No points.  I really don’t fucking want to talk about it.

LoTRO:

Lord of the Rings Online has a bad year.  I have no idea how this plays out but I get the sense that the game has turned the corner and the benefit of the F2P switch is starting to run dry for the game.  I don’t think the last expansion did overly well.

I think Turbine re-releasing Asheron’s Call 2 gives me the points here.  To me the AC2 rerelease felt like a bit of a desperate grab for revenue (don’t get me wrong I’m very happy AC2 is back!)  and I think LOTRO’s prime as a beacon of F2P light are over and done with.

Dust:

CCP / DUST – I suspect DUST will not ship this year, particularly after early betas receive overly negative feedback.  I have no basis for this, but call it a hunch.

Points plox.  (Why the fuck is this game launching on PS3 again?)

Rift

Rift suffers the most from SWTOR.  Many MMO vets who burned out on WoW after Cataclysm found a haven in Rift.  Even those who have resisted SWTOR in the short term will find the sheer amount of their friends in TOR a strong enough pull to walk away from Rift.  Trion needs to announce an expansion for Rift by June or the game’s long term outlook could be called in to question.  Don’t rule out a business model change.

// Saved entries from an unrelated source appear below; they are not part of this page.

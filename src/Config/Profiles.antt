-- ===== src/Config/Profiles.antt =====
-- Whether some profile asks for the chat, against what a program of that name loads.
use sigaw.Prelude.{
  ◌≡◌, ◌↔◌, refl, sym, ◌∙◌, ap, Bool, ◌||◌, true, false, List, [], ◌∷◌, none, some, arith, Bytes,
  str_eq, str_eq_iff, str_eq_refl, Bool-cases, inl, inr, if_rule, any_of,
}
use sigaw.Config.Types.{FloatLib, requests_voice_channel_chat}
use sigaw.Config.Apply.{
  Entries, ParsedConfigFile, lookup, apply_entries, global_config, any_profile_requests_chat,
  load_for_executable,
}
use sigaw.Config.File.{parse_file}
use sigaw.Config.Effect.{DistinctKeys}
use sigaw.Config.Parsed.{IsMap, parse_file-IsMap}

abbrev Found : (Entries → Bool) → List (Bytes × Entries) → Type 0
Found p ps = (name : Bytes) × (es : Entries) × (lookup name ps ≡ some es) × (p es ≡ true)

any_of-lookup :
    (p : Entries → Bool) (ps : List (Bytes × Entries))
    → DistinctKeys ps
    → any_of (λ e. p e.1) ps ≡ true
    → Found p ps
unfolding any_of lookup
any_of-lookup p [] d h = absurd (ground (arith, h))
any_of-lookup p (e ∷ ps) d h = elim (Bool-cases (p e.1)) as (λ _. Found p (e ∷ ps)) [
  | inl here ↦ (e.0, e.1, rw (str_eq_refl e.0) refl, here)
  | inr not_here ↦
      let (name, es, l, g) = any_of-lookup p ps d.1 (ground (arith, h, not_here)) in
      let other : str_eq e.0 name ≡ true → lookup e.0 ps ≡ some es =
        λ same. ap (λ k. lookup k ps) ((str_eq_iff e.0 name).0 same) ∙ l in
      (name, es, ground (arith, l, other, d.0), g)
]

lookup-any_of :
    (p : Entries → Bool) (ps : List (Bytes × Entries)) (name : Bytes) (es : Entries)
    → lookup name ps ≡ some es
    → p es ≡ true
    → any_of (λ e. p e.1) ps ≡ true
unfolding any_of lookup
lookup-any_of p [] name es h g = absurd (ground (arith, h))
lookup-any_of p (e ∷ ps) name es h g =
    if_rule (λ o. o ≡ some es → p e.1 || any_of (λ e. p e.1) ps ≡ true) (str_eq e.0 name) _ _
      (λ _ k. ground (
        arith,
        g,
        ap (λ o. elim o as (λ _. Entries) [ none ↦ e.1 | some x ↦ x ]) k,
        ap (λ o. p (elim o as (λ _. Entries) [ none ↦ e.1 | some x ↦ x ])) k,
      ))
      (λ _ k. ground (arith, lookup-any_of p ps name es k g)) h

-- A program with a profile loads the global entries and then its own.
loads :
    (FL : FloatLib) (parsed : ParsedConfigFile) (name : Bytes) (es : Entries)
    → IsMap parsed
    → lookup name parsed.profile_entries ≡ some es
    → requests_voice_channel_chat (load_for_executable FL parsed name)
      ≡ requests_voice_channel_chat (apply_entries (global_config FL parsed) es false)
unfolding load_for_executable
loads FL parsed [] es m l = absurd (ground (arith, m.named, l))
loads FL parsed (c ∷ s) es m l = rw l refl

-- For the entries of a configuration file, some profile asks for the chat exactly where there is a
-- profile whose program, as `load_for_executable` reads its configuration, asks for it.
pub any_profile_requests_chat_iff :
    (FL : FloatLib) (lines : List Bytes)
    → (any_profile_requests_chat FL (parse_file lines) ≡ true) ↔ (
        (name : Bytes) × (es : Entries) × (lookup name (parse_file lines).profile_entries ≡ some es)
        × (requests_voice_channel_chat (load_for_executable FL (parse_file lines) name) ≡ true))
unfolding any_profile_requests_chat
any_profile_requests_chat_iff FL lines =
    let parsed = parse_file lines in
    let m = parse_file-IsMap lines in
    let asks : Entries → Bool =
      λ es. requests_voice_channel_chat (apply_entries (global_config FL parsed) es false) in
    (
      λ h.
          let (name, es, l, g) = any_of-lookup asks parsed.profile_entries m.names h in
          (name, es, l, loads FL parsed name es m l ∙ g),
      λ (name, es, l, g).
          lookup-any_of asks parsed.profile_entries name es l
            (sym (loads FL parsed name es m l) ∙ g),
    )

I was pretty right here, minus the fact that the real suffering came at the hands of GW2 and not so much SWTOR.  They did announce an expansion in the summer.  I’ll take the points.  The business model change might still come, despite the fact I think Trion knows its not very smart to change a game that was designed for P2P to F2P.

TOR as a proving ground for pay to play:

Speaking of business model changes – SWTOR becomes a proving ground for the AAA subscription approach.  The problem is TOR has also raised the expectation for what a AAA subscription MMO is.  Companies will be more tempted by the Sub model again (counter to the fleeing to F2P we’ve seen in 2011) but the up front cost is a more daunting barrier to entry than ever.  Expect this to mean a slow 2012 for product reveals as publishers and the money men figure out what the fuck this all means.

TOR’s failure + GW2′s success as buy to play = the death of pay to play.  And this prediction is why I really didn’t get 2012 going in to it.  The writing was on the wall (League of Legends, SOE’s conversion to pay your way F2P, etc) and I just didn’t pick up on it.  I was wrong.   And quite frankly I’ll take a minus point for this one.  I really screwed the pooch on predicting 2012 right here.

FFXIV:

Final Fantasy XIV this is a toughy.  FFXIV 2.0 is set to release in the fall of 2012.  I suspect this date might get missed completely and 2.0 might not happen until 2013.  I suspect the decision to start charging for the game this week will kill the game outright in North America.  The key question is whether enough JP players stick around to pay the upkeep while we wait for 2.0.  If 2.0 does release I don’t expect it to win hearts and minds in North America.  It’ll take the PS3 version, which won’t hit until early 2013, to give the game another shot in North America.  This will be a dark year for S-E in the MMO market.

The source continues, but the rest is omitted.